Write the listing out again, exactly as it reads below.

====================

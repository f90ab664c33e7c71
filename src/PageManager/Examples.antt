-- ===== src/PageManager/Examples.antt =====
-- A cache of src/persistence_layer/file_io/page_manager.rs on which the theorem about it is run.
use elektro_em_eukal.LogRecord.Parts.{bytes_of}
use elektro_em_eukal.EvictablePage.{EvictablePage, address, is_dirty, word_at}
use elektro_em_eukal.PageManager.Chain.{delete_page}
use elektro_em_eukal.PageManager.Disk.{disk}
use elektro_em_eukal.PageManager.Unlinked.{IsLoader, Unlinks, delete_page-Unlinks}
use elektro_em_eukal.Base.{
  ℕ, ◌≡◌, ◌++◌, ap, sym, subst, is_some, true, refl, none, some, [], ◌∷◌, arith, update, Bool-cases,
  inl, inr, ◌∙◌, ◌==◌,
}
use elektro_em_eukal.FileIo.{zeros}
use elektro_em_eukal.FileIo.Linked.{update_self}
use elektro_em_eukal.PageManager.{PageManager, fill_cache_sync, write_back_sync}
use elektro_em_eukal.PageManager.Cached.{StandsFor, IsCoherent, Kept}
use elektro_em_eukal.PageManager.Transparent.{Fills, page_cache-Kept}

-- Four pages, none of them in the cache.
abbrev empty_cache : PageManager
unfolding zeros
empty_cache = record {
  db = record { content = zeros 2048; len = 2048 };
  page_cache = λ a. none;
  free_pages = [];
  waker_bag_for_free_page = [];
  waker_bag_for_caching_page = 3 ∷ [];
  woken = [];
  tasks = [];
}

empty_cache-IsCoherent : IsCoherent empty_cache
unfolding empty_cache
empty_cache-IsCoherent a page e = cc

abbrev dirty_page : EvictablePage
unfolding zeros bytes_of
dirty_page = record { address_and_dirty_flag = 1025; page_buffer = bytes_of 8 77 ++ zeros 504 }

-- The page at 1024 is in the cache and was changed there.
abbrev one_dirty : PageManager
unfolding empty_cache dirty_page
one_dirty = record empty_cache { page_cache = update (λ a. none) 1024 (some dirty_page) }

some_injective : (x y : EvictablePage) → some x ≡ some y → x ≡ y
some_injective x y e = cc

dirty_page-StandsFor : StandsFor one_dirty.db.content 1024 dirty_page
unfolding one_dirty dirty_page empty_cache zeros bytes_of address is_dirty
dirty_page-StandsFor = ((refl, omega arith), refl, refl, λ e. cc)

one_dirty-IsCoherent : IsCoherent one_dirty
unfolding one_dirty
one_dirty-IsCoherent a page e = elim (Bool-cases (a == 1024)) [
  | inl t ↦
      let here : a ≡ 1024 = ground (arith, t) in
      let same : some dirty_page ≡ some page =
        sym (update_self (λ x. none) 1024 (some dirty_page))
        ∙ subst (λ x. one_dirty.page_cache x ≡ some page) here e in
      subst (λ x. StandsFor one_dirty.db.content x page) (sym here)
        (subst (StandsFor one_dirty.db.content 1024) (some_injective dirty_page page same)
          dirty_page-StandsFor)
  | inr f ↦ absurd (ground (arith, e, f))
]

-- The page at 512 is read twice, since the first read fails, and the changed page gives way to it, once
-- it has been written, which fails at first.
page_cache-Kept_example :
    Fills 512 one_dirty (fill_cache_sync (5 ∷ []) ((7, 28) ∷ []) (some 1024) 512 one_dirty)
    × Kept one_dirty (write_back_sync ((7, 28) ∷ []) 512 one_dirty)
unfolding one_dirty empty_cache zeros
page_cache-Kept_example =
    page_cache-Kept (5 ∷ []) ((7, 28) ∷ []) (some 1024) 512 one_dirty one_dirty-IsCoherent
      (refl, omega arith)

-- The loader of one thread: it fills the cache and gives up nothing.
abbrev fill : ℕ → PageManager → PageManager
fill a m = elim (fill_cache_sync [] [] none a m) [ none ↦ m | some m' ↦ m' ]

fill-IsLoader : IsLoader fill
fill-IsLoader a m c f =
    let (m', e, k, t) = (page_cache-Kept [] [] none a m c f).0 in
    let filled : m' ≡ fill a m = sym (ap (λ o. elim o [ none ↦ m | some x ↦ x ]) e) in
    subst (λ x. Kept m x × (is_some (x.page_cache a) ≡ true)) filled (k, t)

-- The page at 1024 follows the one at 512, and is the last one.
abbrev chain : PageManager
unfolding zeros bytes_of
chain = record empty_cache {
  db = record {
    content =
        zeros 512
        ++ (bytes_of 8 0 ++ (bytes_of 8 1024 ++ (zeros 496 ++ (bytes_of 8 512 ++ zeros 504))));
    len = 1536;
  };
}

chain-IsCoherent : IsCoherent chain
unfolding empty_cache chain
chain-IsCoherent a page e = cc

delete_page-Unlinks_example :
    Unlinks fill fill-IsLoader 1024 512 0 chain (delete_page fill 1024 chain)
unfolding empty_cache chain zeros bytes_of word_at disk
delete_page-Unlinks_example =
    delete_page-Unlinks fill fill-IsLoader 1024 chain chain-IsCoherent (refl, omega arith)
      (λ h. (refl, omega arith)) (λ h. (refl, omega arith))
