-- ===== src/PageManager/Lost.antt =====
-- src/persistence_layer/file_io/page_manager.rs: the link that `create_page` sets does not mark the page as
-- dirty.
use elektro_em_eukal.Base.{
  ℕ, ◌≡◌, ap, Bool, true, false, none, some, List, ◌==◌, if◌then◌else◌, update,
}
use elektro_em_eukal.RandomAccessFile.{Fault}
use elektro_em_eukal.FileIo.Linked.{update_self}
use elektro_em_eukal.EvictablePage.{
  EvictablePage, is_dirty, prev_page_address, set_prev_page_address,
}
use elektro_em_eukal.PageManager.{PageManager, evict, put_page}
use elektro_em_eukal.PageManager.Chain.{take_free_page}
use elektro_em_eukal.PageManager.Disk.{disk}
use elektro_em_eukal.PageManager.Cached.{view, page_at}

taken_is_clean :
    (prev : ℕ) (page : EvictablePage)
    → is_dirty page ≡ false
    → is_dirty (take_free_page prev page).0 ≡ false
unfolding take_free_page set_prev_page_address is_dirty
taken_is_clean prev page d = taken (prev_page_address page == 0)
  where
    taken :
        (c : Bool)
        → (let r : EvictablePage × Bool =
              if c then (set_prev_page_address prev page, true) else (page, false) in
            is_dirty r.0)
          ≡ false
    taken true = d
    taken false = d

-- A free page that is taken and then leaves the cache, before the task that writes it back is served, is
-- in the file as it was: it has no predecessor there, and passes for free.
pub take_free_page-lost :
    (faults : List Fault) (a prev : ℕ) (page : EvictablePage) (m : PageManager)
    → is_dirty page ≡ false
    → page_at a (evict faults (some a) (put_page a (take_free_page prev page).0 m))
      ≡ disk a m.db.content
unfolding evict
take_free_page-lost faults a prev page m d =
    let taken = (take_free_page prev page).0 in
    let there = update_self m.page_cache a (some taken) in
    rw (evict, there, taken_is_clean prev page d)
      (ap (λ x. view x (disk a m.db.content))
        (update_self (update m.page_cache a (some taken)) a none))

====================

### Reply to the task
repository f90ab664c33e7c71
filename src/PageManager/Examples.antt
-- ===== src/PageManager/Examples.antt =====
-- A cache of src/persistence_layer/file_io/page_manager.rs on which the theorem about it is run.
use elektro_em_eukal.LogRecord.Parts.{bytes_of}
use elektro_em_eukal.EvictablePage.{EvictablePage, address, is_dirty, word_at}
use elektro_em_eukal.PageManager.Chain.{delete_page}
use elektro_em_eukal.PageManager.Disk.{disk}
use elektro_em_eukal.PageManager.Unlinked.{IsLoader, Unlinks, delete_page-Unlinks}
use elektro_em_eukal.Base.{
  ℕ, ◌≡◌, ◌++◌, ap, sym, subst, is_some, true, refl, none, some, [], ◌∷◌, arith, update, Bool-cases,
  inl, inr, ◌∙◌, ◌==◌,
}
use elektro_em_eukal.FileIo.{zeros}
use elektro_em_eukal.FileIo.Linked.{update_self}
use elektro_em_eukal.PageManager.{PageManager, fill_cache_sync, write_back_sync}
use elektro_em_eukal.PageManager.Cached.{StandsFor, IsCoherent, Kept}
use elektro_em_eukal.PageManager.Transparent.{Fills, page_cache-Kept}

-- Four pages, none of them in the cache.
abbrev empty_cache : PageManager
unfolding zeros
empty_cache = record {
  db = record { content = zeros 2048; len = 2048 };
  page_cache = λ a. none;
  free_pages = [];
  waker_bag_for_free_page = [];
  waker_bag_for_caching_page = 3 ∷ [];
  woken = [];
  tasks = [];
}

empty_cache-IsCoherent : IsCoherent empty_cache
unfolding empty_cache
empty_cache-IsCoherent a page e = cc

abbrev dirty_page : EvictablePage
unfolding zeros bytes_of
dirty_page = record { address_and_dirty_flag = 1025; page_buffer = bytes_of 8 77 ++ zeros 504 }

-- The page at 1024 is in the cache and was changed there.
abbrev one_dirty : PageManager
unfolding empty_cache dirty_page
one_dirty = record empty_cache { page_cache = update (λ a. none) 1024 (some dirty_page) }

some_injective : (x y : EvictablePage) → some x ≡ some y → x ≡ y
some_injective x y e = cc

dirty_page-StandsFor : StandsFor one_dirty.db.content 1024 dirty_page
unfolding one_dirty dirty_page empty_cache zeros bytes_of address is_dirty
dirty_page-StandsFor = ((refl, omega arith), refl, refl, λ e. cc)

one_dirty-IsCoherent : IsCoherent one_dirty
unfolding one_dirty
one_dirty-IsCoherent a page e = elim (Bool-cases (a == 1024)) [
  | inl t ↦
      let here : a ≡ 1024 = ground (arith, t) in
      let same : some dirty_page ≡ some page =
        sym (update_self (λ x. none) 1024 (some dirty_page))
        ∙ subst (λ x. one_dirty.page_cache x ≡ some page) here e in
      subst (λ x. StandsFor one_dirty.db.content x page) (sym here)
        (subst (StandsFor one_dirty.db.content 1024) (some_injective dirty_page page same)
          dirty_page-StandsFor)
  | inr f ↦ absurd (ground (arith, e, f))
]

-- The page at 512 is read twice, since the first read fails, and the changed page gives way to it, once
-- it has been written, which fails at first.
page_cache-Kept_example :
    Fills 512 one_dirty (fill_cache_sync (5 ∷ []) ((7, 28) ∷ []) (some 1024) 512 one_dirty)
    × Kept one_dirty (write_back_sync ((7, 28) ∷ []) 512 one_dirty)
unfolding one_dirty empty_cache zeros
page_cache-Kept_example =
    page_cache-Kept (5 ∷ []) ((7, 28) ∷ []) (some 1024) 512 one_dirty one_dirty-IsCoherent
      (refl, omega arith)

-- The loader of one thread: it fills the cache and gives up nothing.
abbrev fill : ℕ → PageManager → PageManager
fill a m = elim (fill_cache_sync [] [] none a m) [ none ↦ m | some m' ↦ m' ]

fill-IsLoader : IsLoader fill
fill-IsLoader a m c f =
    let (m', e, k, t) = (page_cache-Kept [] [] none a m c f).0 in
    let filled : m' ≡ fill a m = sym (ap (λ o. elim o [ none ↦ m | some x ↦ x ]) e) in
    subst (λ x. Kept m x × (is_some (x.page_cache a) ≡ true)) filled (k, t)

-- The page at 1024 follows the one at 512, and is the last one.
abbrev chain : PageManager
unfolding zeros bytes_of
chain = record empty_cache {
  db = record {
    content =
        zeros 512
        ++ (bytes_of 8 0 ++ (bytes_of 8 1024 ++ (zeros 496 ++ (bytes_of 8 512 ++ zeros 504))));
    len = 1536;
  };
}

chain-IsCoherent : IsCoherent chain
unfolding empty_cache chain
chain-IsCoherent a page e = cc

delete_page-Unlinks_example :
    Unlinks fill fill-IsLoader 1024 512 0 chain (delete_page fill 1024 chain)
unfolding empty_cache chain zeros bytes_of word_at disk
delete_page-Unlinks_example =
    delete_page-Unlinks fill fill-IsLoader 1024 chain chain-IsCoherent (refl, omega arith)
      (λ h. (refl, omega arith)) (λ h. (refl, omega arith))
-- ===== src/PageManager/Lost.antt =====
-- src/persistence_layer/file_io/page_manager.rs: the link that `create_page` sets does not mark the page as
-- dirty.
use elektro_em_eukal.Base.{
  ℕ, ◌≡◌, ap, Bool, true, false, none, some, List, ◌==◌, if◌then◌else◌, update,
}
use elektro_em_eukal.RandomAccessFile.{Fault}
use elektro_em_eukal.FileIo.Linked.{update_self}
use elektro_em_eukal.EvictablePage.{
  EvictablePage, is_dirty, prev_page_address, set_prev_page_address,
}
use elektro_em_eukal.PageManager.{PageManager, evict, put_page}
use elektro_em_eukal.PageManager.Chain.{take_free_page}
use elektro_em_eukal.PageManager.Disk.{disk}
use elektro_em_eukal.PageManager.Cached.{view, page_at}

taken_is_clean :
    (prev : ℕ) (page : EvictablePage)
    → is_dirty page ≡ false
    → is_dirty (take_free_page prev page).0 ≡ false
unfolding take_free_page set_prev_page_address is_dirty
taken_is_clean prev page d = taken (prev_page_address page == 0)
  where
    taken :
        (c : Bool)
        → (let r : EvictablePage × Bool =
              if c then (set_prev_page_address prev page, true) else (page, false) in
            is_dirty r.0)
          ≡ false
    taken true = d
    taken false = d

-- A free page that is taken and then leaves the cache, before the task that writes it back is served, is
-- in the file as it was: it has no predecessor there, and passes for free.
pub take_free_page-lost :
    (faults : List Fault) (a prev : ℕ) (page : EvictablePage) (m : PageManager)
    → is_dirty page ≡ false
    → page_at a (evict faults (some a) (put_page a (take_free_page prev page).0 m))
      ≡ disk a m.db.content
unfolding evict
take_free_page-lost faults a prev page m d =
    let taken = (take_free_page prev page).0 in
    let there = update_self m.page_cache a (some taken) in
    rw (evict, there, taken_is_clean prev page d)
      (ap (λ x. view x (disk a m.db.content))
        (update_self (update m.page_cache a (some taken)) a none))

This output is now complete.